- _Aim of the exercise_
Using the material that follows, output exactly the lines from the one containing "ItemsFit version (position + 1) rs" through the one containing "successes_in (r ∷", with both ends kept.

====================

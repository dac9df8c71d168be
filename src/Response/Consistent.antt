-- ===== src/Response/Consistent.antt =====
-- Which responses `validateAuthorizeResponseStructure` accepts.
use treetop_client_go.Base.{
  ==_iff, Bool, Bytes, List, Option, [], arith, false, is_empty, length, none, not, refl, some,
  subst, sym, ℕ, ◌+◌, ◌-◌, ◌==◌, ◌||◌, ◌↔◌, ◌∷◌, ◌≡◌,
}
use treetop_client_go.Base.Int.{eq_ℤ, pos, ℤ}
use treetop_client_go.Errors.{
  >>=-eq-ok, >>_iff, iff_trans, ok, pass, refuse_if_iff, refuse_unless_iff, ×_iff,
}
use treetop_client_go.Decision.{AnyDecision, PolicyVersion, is_zero}
use treetop_client_go.Response.{
  AuthorizeResponse, BatchResult, BatchStatus, IndexedResult, check_counts, check_failure,
  check_status, check_success, failed, other_status, results_loop, success, validate_structure,
}
use treetop_client_go.Decision.Fits.{DecisionFits, eq_ℤ_iff, validate_decision_iff}

or_false_iff : (a b : Bool) → ((a || b) ≡ false) ↔ ((a ≡ false) × (b ≡ false))
or_false_iff a b = ground arith

module _ (is_object : Bytes → Bool) {T : Type 0} (any_of : T → AnyDecision) where
  -- A success has a fitting decision and no error; a failure has no decision.
  abbrev pub IsPayload : PolicyVersion → BatchStatus → BatchResult T → Type 0
  IsPayload version success r =
      (t : T) × (r.result ≡ some t) × (r.error ≡ []) × DecisionFits is_object version (any_of t)
  IsPayload version failed r = r.result ≡ none
  IsPayload version (other_status s) r = ⊥

  -- The items from a position on: each reports its own position.
  abbrev pub ItemsFit : PolicyVersion → ℕ → List (IndexedResult T) → Type 0
  ItemsFit version position [] = Unit
  ItemsFit version position (r ∷ rs) =
      (r.index ≡ pos position)
      × IsPayload version r.batch.status r.batch
      × ItemsFit version (position + 1) rs

  abbrev pub is_success : BatchStatus → ℕ
  is_success success = 1
  is_success _ = 0

  abbrev pub successes_in : List (IndexedResult T) → ℕ
  successes_in [] = 0
  successes_in (r ∷ rs) = is_success r.batch.status + successes_in rs

  abbrev Fits : PolicyVersion → Option T → Type 0
  Fits version none = ⊥
  Fits version (some t) = DecisionFits is_object version (any_of t)

  no_error : (error : Bytes) → (not (is_empty error) ≡ false) ↔ (error ≡ [])
  no_error [] = (λ _. refl, λ _. refl)
  no_error (b ∷ s) = (λ h. cc, λ h. cc)

  check_success_iff :
      (o : Option T) (error : Bytes) (version : PolicyVersion) (index : ℤ)
      → (check_success is_object any_of o error version index ≡ pass)
        ↔ ((t : T) × (o ≡ some t) × (error ≡ []) × DecisionFits is_object version (any_of t))
  unfolding check_success
  check_success_iff none error version index = (λ h. cc, λ w. cc w.1)
  check_success_iff (some t) error version index = (
    λ h.
        let (e, d) = (refuse_if_iff _ _ _).0 h in
        (
          t,
          refl,
          (no_error error).0 e,
          (validate_decision_iff is_object (any_of t) version index).0 d,
        ),
    λ w. (refuse_if_iff _ _ _).1 (
      (no_error error).1 w.2,
      (validate_decision_iff is_object (any_of t) version index).1
          (subst (Fits version) (sym w.1) w.3),
    ),
  )

  check_failure_iff :
      (o : Option T) (index : ℤ) → (check_failure is_object any_of o index ≡ pass) ↔ (o ≡ none)
  unfolding check_failure
  check_failure_iff none index = (λ _. refl, λ _. refl)
  check_failure_iff (some t) index = (λ h. cc, λ h. cc)

  check_status_iff :
      (s : BatchStatus) (r : BatchResult T) (version : PolicyVersion) (index : ℤ) (n m : ℕ)
      → (check_status is_object any_of s r version index n ≡ ok m)
        ↔ (IsPayload version s r × (n + is_success s ≡ m))
  unfolding check_status
  check_status_iff success r version index n m =
      iff_trans (>>_iff _ _)
        (×_iff (check_success_iff r.result r.error version index) (ground arith))
  check_status_iff failed r version index n m =
      iff_trans (>>_iff _ _) (×_iff (check_failure_iff r.result index) (ground arith))
  check_status_iff (other_status s) r version index n m = (λ h. cc, λ w. absurd w.0)

  -- The loop succeeds on the fitting items alone, and then returns the number of successes.
  results_loop_iff :
      (version : PolicyVersion) (position : ℕ) (rs : List (IndexedResult T)) (n m : ℕ)
      → (results_loop is_object any_of version position rs n ≡ ok m)
        ↔ (ItemsFit version position rs × (n + successes_in rs ≡ m))
  unfolding results_loop
  results_loop_iff version position [] n m = (λ h. (tt, ground arith), λ w. ground arith)
  results_loop_iff version position (r ∷ rs) n m = (
    λ h.
        let (i, h') = (refuse_unless_iff (eq_ℤ r.index (pos position)) _ _).0 h in
        let (n', s, l) =
          >>=-eq-ok (check_status is_object any_of r.batch.status r.batch version r.index n)
            (results_loop is_object any_of version (position + 1) rs) h' in
        let (p, e) = (check_status_iff r.batch.status r.batch version r.index n n').0 s in
        let (rest, e') = (results_loop_iff version (position + 1) rs n' m).0 l in
        (((eq_ℤ_iff r.index (pos position)).0 i, p, rest), omega arith),
    λ w. (refuse_unless_iff (eq_ℤ r.index (pos position)) _ _).1 (
      (eq_ℤ_iff r.index (pos position)).1 w.0.0,
      rw
          ((check_status_iff r.batch.status r.batch version r.index n
              (n + is_success r.batch.status)).1
            (w.0.1, refl))
          ((results_loop_iff version (position + 1) rs (n + is_success r.batch.status) m).1
            (w.0.2, omega arith)),
    ),
  )

  check_counts_iff :
      (r : AuthorizeResponse T) (n : ℕ)
      → (check_counts is_object any_of r n ≡ pass)
        ↔ ((r.successful ≡ pos n) × (r.failed ≡ pos (length r.results - n)))
  unfolding check_counts
  check_counts_iff r n =
      ground (arith, eq_ℤ_iff r.successful (pos n), eq_ℤ_iff r.failed (pos (length r.results - n)))

  -- What an accepted response is: as many items as were asked for, each at its own position, a policy
  -- version that is present and that every decision repeats, and counts that add up.
  pub record IsConsistent (r : AuthorizeResponse T) (expected : ℕ) : Type 0 where
    pub complete : length r.results ≡ expected
    pub hashed : is_empty r.version.hash ≡ false
    pub loaded : is_zero r.version.loaded_at ≡ false
    pub items : ItemsFit r.version 0 r.results
    pub success_count : r.successful ≡ pos (successes_in r.results)
    pub failure_count : r.failed ≡ pos (length r.results - successes_in r.results)

  -- `validateAuthorizeResponseStructure` accepts exactly the consistent responses.
  pub validate_structure_iff :
      (r : AuthorizeResponse T) (expected : ℕ)
      → (validate_structure is_object any_of (some r) expected ≡ pass) ↔ IsConsistent r expected
  unfolding validate_structure
  validate_structure_iff r expected = (
    λ h.
        let (c, h1) = (refuse_unless_iff (length r.results == expected) _ _).0 h in
        let (v, h2) =
          (refuse_if_iff (is_empty r.version.hash || is_zero r.version.loaded_at) _ _).0 h1 in
        let (n, l, k) =
          >>=-eq-ok (results_loop is_object any_of r.version 0 r.results 0)
            (check_counts is_object any_of r) h2 in
        let (fits, e) = (results_loop_iff r.version 0 r.results 0 n).0 l in
        let (s, f) = (check_counts_iff r n).0 k in
        let same : n ≡ successes_in r.results = omega arith in
        record {
          complete = (==_iff (length r.results) expected).0 c;
          hashed = ((or_false_iff (is_empty r.version.hash) (is_zero r.version.loaded_at)).0 v).0;
          loaded = ((or_false_iff (is_empty r.version.hash) (is_zero r.version.loaded_at)).0 v).1;
          items = fits;
          success_count = rw (← same) s;
          failure_count = rw (← same) f;
        },
    λ w. (refuse_unless_iff (length r.results == expected) _ _).1 (
      (==_iff (length r.results) expected).1 w.complete,
      (refuse_if_iff (is_empty r.version.hash || is_zero r.version.loaded_at) _ _).1 (
        (or_false_iff (is_empty r.version.hash) (is_zero r.version.loaded_at)).1
            (w.hashed, w.loaded),
        rw
            ((results_loop_iff r.version 0 r.results 0 (successes_in r.results)).1
              (w.items, omega arith))
            ((check_counts_iff r (successes_in r.results)).1 (w.success_count, w.failure_count)),
      ),
    ),
  )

====================

- _Your response_
      × ItemsFit version (position + 1) rs

  abbrev pub is_success : BatchStatus → ℕ
  is_success success = 1
  is_success _ = 0

  abbrev pub successes_in : List (IndexedResult T) → ℕ
  successes_in [] = 0
  successes_in (r ∷ rs) = is_success r.batch.status + successes_in rs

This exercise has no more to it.